Puff, puff, bash: Slopers slam homeless-shelter residents for allegedly lighting up on their blocks
File photo by Bess Adler

This refuge’s neighbors are playing the toking victim.

Park Slope Women’s Shelter residents are luring drug dealers to the neighborhood by smoking weed on the stoops of homes near the facility, charged locals who complained of the alleged habit at a Wednesday community meeting.

“We have shelter residents who are smoking marijuana and they’re sitting on our stoops. That provides a population of buyers and we’re going to have a whole new population of sellers,” said 16th-Street resident Barbara Barran. “This is a very, very deep concern of ours.”

Barran, along with fellow 16th-Street denizens Nelly Isaacson and Laura Ide, organized the gathering of elected officials, cops, shelter workers, and a few dozen neighbors at Eighth Avenue’s Bishop Boardman Apartments, where they discussed the women’s supposed reefer use and other behavioral problems.

Residents of the shelter at 1402 Eighth Ave. between 14th and 15th streets, which serves women battling addiction and mental illness, turned 16th Street between Eighth Avenue and Prospect Park West into their own personal drug den about six months ago, according to Barran, who claimed their brazen pot smoking led to other bad behavior.

“Women started stopping into the exercise place on my block asking to use the bathroom, asking for money, urinating in the street, and panhandling in the neighborhood,” the local said.

The recent antics followed years of peaceful coexistence between community and shelter residents, but there’s no mistaking one group for the other because the latter “do tend to stick out,” Barran said.

Representatives from Camba — the social-services provider that has operated the shelter inside the Park Slope Armory since 1996 — said they’ve expanded security patrols on the affected block, but that guards haven’t noticed any illicit activity while on their routines. The absence of visible proof led the facility’s honchos to question the locals’ anecdotal reports, which did not include any hard evidence, according to a Camba rep who spoke at the meeting.

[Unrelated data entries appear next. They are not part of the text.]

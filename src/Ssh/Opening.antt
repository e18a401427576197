-- ===== src/Ssh/Opening.antt =====
-- From the route that creates a session to the route that validates it.
use microsanbox_cloud.Prelude.{
  ◌≡◌, refl, sym, ap, ℕ, ◌+◌, ◌≤◌, true, false, Option, none, some, Text, Bool-cases, inl, inr,
}
use microsanbox_cloud.Effects.{Outcome, ok, err}
use microsanbox_cloud.Database.{Db, RuntimeEntity, RuntimePortBindingRecord}
use microsanbox_cloud.Guards.{AuthHeader, can_activate}
use microsanbox_cloud.Registry.{find_runtime_by_sandbox_id}
use microsanbox_cloud.Ssh.{Sessions, expiry_ms, is_revoked, create_session}
use microsanbox_cloud.Ssh.Validity.{create_session-validate}
use microsanbox_cloud.Ssh.Routes.{
  unauthorized, Reply, replied, failed, CreatedSession, CreateSessionBody, Reads, ssh_binding,
  create_at, create_bound, create_for, create_session_route, validated_reply, validate_token_route,
}

-- A runtime of the sandbox with a port for SSH.
pub record HasSsh (db : Db) (sandbox_id : Text) (host_port : ℕ) : Type 0 where
  pub runtime : RuntimeEntity
  pub found : (find_runtime_by_sandbox_id sandbox_id db).0 ≡ ok (some runtime)
  pub binding : RuntimePortBindingRecord
  pub bound : ssh_binding runtime ≡ some binding
  pub port : host_port ≡ binding.host_port

module _ (hash : Text → Text) where
  -- A session that was created.
  pub record IsCreated (r : Reads) (body : CreateSessionBody) (db : Db) (s next : Sessions)
      (session : CreatedSession) : Type 0 where
    pub host_port : ℕ
    pub has_ssh : HasSsh db body.sandbox_id host_port
    pub token : session.token ≡ r.token
    pub stored :
        next
        ≡ (create_session hash r.ttl_seconds r.now r.later r.token body.sandbox_id host_port
            body.expiry_minutes s).1

  session_eq : (c d : CreatedSession) → replied c ≡ replied d → c ≡ d
  session_eq c d h = cc

  bound_created :
      (r : Reads) (body : CreateSessionBody) (db : Db) (s : Sessions)
      → (runtime : RuntimeEntity) (o : Option RuntimePortBindingRecord)
      → (find_runtime_by_sandbox_id body.sandbox_id db).0 ≡ ok (some runtime)
      → ssh_binding runtime ≡ o
      → (session : CreatedSession) → (create_bound hash r body o s).0 ≡ replied session
      → IsCreated r body db s (create_bound hash r body o s).1 session
  unfolding create_bound create_at create_session
  bound_created r body db s runtime none f b session h = cc
  bound_created r body db s runtime (some binding) f b session h = record {
    host_port = binding.host_port;
    has_ssh = record { runtime = runtime; found = f; binding = binding; bound = b; port = refl };
    token = sym (ap (λ c. c.token) (session_eq _ _ h));
    stored = refl;
  }

  created :
      (r : Reads) (body : CreateSessionBody) (db : Db) (s : Sessions)
      → (o : Outcome (Option RuntimeEntity)) → (find_runtime_by_sandbox_id body.sandbox_id db).0 ≡ o
      → (session : CreatedSession) → (create_for hash r body o s).0 ≡ replied session
      → IsCreated r body db s (create_for hash r body o s).1 session
  unfolding create_for
  created r body db s (err e) f session h = cc
  created r body db s (ok none) f session h = cc
  created r body db s (ok (some runtime)) f session h =
      bound_created r body db s runtime (ssh_binding runtime) f refl session h

  created_by_route :
      (r : Reads) (header : AuthHeader) (body : CreateSessionBody) (db : Db) (s : Sessions)
      → (session : CreatedSession)
      → (create_session_route hash r header body db s).0 ≡ replied session
      → IsCreated r body db s (create_session_route hash r header body db s).1 session
  unfolding create_session_route
  created_by_route r header body db s session h =
      elim (Bool-cases (can_activate r.internal_token header)) [
        | inl e ↦ rw e (created r body db s _ refl session (rw e at h))
        | inr e ↦ absurd (
            let z : ◌≡◌ {A = Reply CreatedSession} (failed unauthorized) (replied session) =
              rw e at h in
            cc)
      ]

  -- A session that the first route returned is for a sandbox of the registry with a port for SSH, and
  -- until its time is over the last route answers its token with that sandbox and the host port of
  -- that binding. Both requests pass the guard, the token was not revoked before, and no request
  -- comes between.
  pub create_session_route-validate :
      (r at : Reads) (header second : AuthHeader) (body : CreateSessionBody) (db : Db)
      (s : Sessions)
      → (session : CreatedSession)
      → (create_session_route hash r header body db s).0 ≡ replied session
      → can_activate at.internal_token second ≡ true
      → is_revoked (hash r.token) s ≡ false
      → at.now ≤ r.later + expiry_ms r.ttl_seconds body.expiry_minutes
      → (host_port : ℕ) × HasSsh db body.sandbox_id host_port
        × ((validate_token_route hash at second session.token
              (create_session_route hash r header body db s).1).0
            ≡ replied (record {
              sandbox_id = body.sandbox_id;
              host_port = host_port;
              expires_at = r.later + expiry_ms r.ttl_seconds body.expiry_minutes;
            }))
  unfolding validate_token_route validated_reply
  create_session_route-validate r at header second body db s session h g kept t =
      let c = created_by_route r header body db s session h in
      (
        c.host_port,
        c.has_ssh,
        rw (c.stored, c.token, g)
            (rw
              (create_session-validate hash r.ttl_seconds r.now r.later at.now r.token
                body.sandbox_id c.host_port body.expiry_minutes s kept t)
              refl),
      )
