-- ===== src/Ssh/Revocation.antt =====
-- A revoked token stays revoked, whatever the service is asked for.
use microsanbox_cloud.Prelude.{
  ℕ, ◌≡◌, refl, inl, inr, Bool, true, false, ◌||◌, List, [], ◌∷◌, Option, none, some, Text, text_eq,
  text_eq_refl, arith, Bool-cases, any,
}
use microsanbox_cloud.Ssh.Entries.{SessionEntry, delete_entry}
use microsanbox_cloud.Ssh.{
  Sessions, is_expired, is_revoked, prune_expired, create_session, validate_entry, validate_session,
  revoke_session,
}

-- The calls of the service, with the times and random texts that they read.
pub data Call : Type 0 where
  creates :
      (ttl now later : ℕ) (token sandbox_id : Text) (host_port : ℕ) (minutes : Option ℕ) → Call
  validates : (now : ℕ) (token : Text) → Call
  revokes : (refused : Bool) (token : Text) → Call

module _ (hash : Text → Text) where
  unfoldable pub answer : Call → Sessions → Sessions
  unfolding create_session validate_session revoke_session
  answer (creates ttl now later token sandbox_id host_port minutes) s =
      (create_session hash ttl now later token sandbox_id host_port minutes s).1
  answer (validates now token) s = (validate_session hash now token s).1
  answer (revokes refused token) s = (revoke_session hash refused token s).1

  unfoldable pub answer_all : List Call → Sessions → Sessions
  unfolding answer
  answer_all [] s = s
  answer_all (c ∷ calls) s = answer_all calls (answer c s)

  entry_kept :
      (now : ℕ) (key token_key : Text) (found : Option SessionEntry) (s : Sessions)
      → is_revoked key s ≡ true
      → is_revoked key (validate_entry hash now token_key found s).1 ≡ true
  unfolding validate_entry is_revoked
  entry_kept now key token_key none s h = h
  entry_kept now key token_key (some e) s h = elim (Bool-cases (is_expired now e)) [
    | inl f ↦ rw f h
    | inr f ↦ rw f h
  ]

  answer_kept :
      (key : Text) (c : Call) (s : Sessions)
      → is_revoked key s ≡ true
      → is_revoked key (answer c s) ≡ true
  unfolding answer create_session prune_expired validate_session revoke_session is_revoked
  answer_kept key (creates ttl now later token sandbox_id host_port minutes) s h = h
  answer_kept key (validates now token) s h =
      elim (Bool-cases (any (text_eq (hash token)) s.revoked)) [
        | inl e ↦ rw (answer, e) h
        | inr e ↦ rw (answer, e) (entry_kept now key (hash token) _ s h)
      ]
  answer_kept key (revokes refused token) s h =
      elim (Bool-cases (refused || any (text_eq (hash token)) s.revoked)) [
        | inl e ↦ rw (answer, e) h
        | inr e ↦ rw (answer, e, h) (ground arith)
      ]

  all_kept :
      (key : Text) (calls : List Call) (s : Sessions)
      → is_revoked key s ≡ true
      → is_revoked key (answer_all calls s) ≡ true
  unfolding answer_all
  all_kept key [] s h = h
  all_kept key (c ∷ calls) s h = all_kept key calls (answer c s) (answer_kept key c s h)

  revoked_after :
      (refused : Bool) (token : Text) (s s' : Sessions)
      → revoke_session hash refused token s ≡ (true, s')
      → is_revoked (hash token) s' ≡ true
  unfolding revoke_session is_revoked
  revoked_after refused token s s' h =
      elim (Bool-cases (refused || any (text_eq (hash token)) s.revoked)) [
        | inl e ↦ absurd (let z : false ≡ true = λ i. ((rw e at h) i).0 in cc)
        | inr e ↦
            let same : record s {
              entries = delete_entry (hash token) s.entries;
              revoked = hash token ∷ s.revoked;
            }
                ≡ s' =
              λ i. ((rw e at h) i).1 in
            rw (← same, text_eq_refl (hash token)) refl
      ]

  -- Once `revokeSession` has answered true, the token is refused for good: after any calls of the
  -- service, at any time, and also if the same random token is drawn again.
  pub revoke_session-validate :
      (refused : Bool) (token : Text) (s s' : Sessions) (calls : List Call) (now : ℕ)
      → revoke_session hash refused token s ≡ (true, s')
      → validate_session hash now token (answer_all calls s') ≡ (none, answer_all calls s')
  unfolding validate_session
  revoke_session-validate refused token s s' calls now h =
      rw (all_kept (hash token) calls s' (revoked_after refused token s s' h)) refl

“I have not heard any reports of our staff finding residents in the community smoking pot,” said Claire Harding-Keefe, Camba’s senior vice president. “I would question whether or not it’s our clients.”

And other locals in attendance slammed their neighbors who set up the event for being heartless, claiming the organizers spoke of shelter residents “as though they were criminals” when making their accusations.

“We’re trying to rehabilitate these people, get them into permanent housing, and I think the whole tone of this conversation needs to be a little bit more sympathetic,” said Park Slope resident Richard Bruce.

All parties resolved to communicate more openly by the end of the gathering, and locals received a phone number for the shelter’s director, whom they were encouraged to report future bad behavior to with the promise that security would be sent pronto in order to document and resolve any incident, according to the Camba rep.

“The main point was to let us know in as real time as possible, so that we can go out and see if it is our clients,” Harding-Keefe said.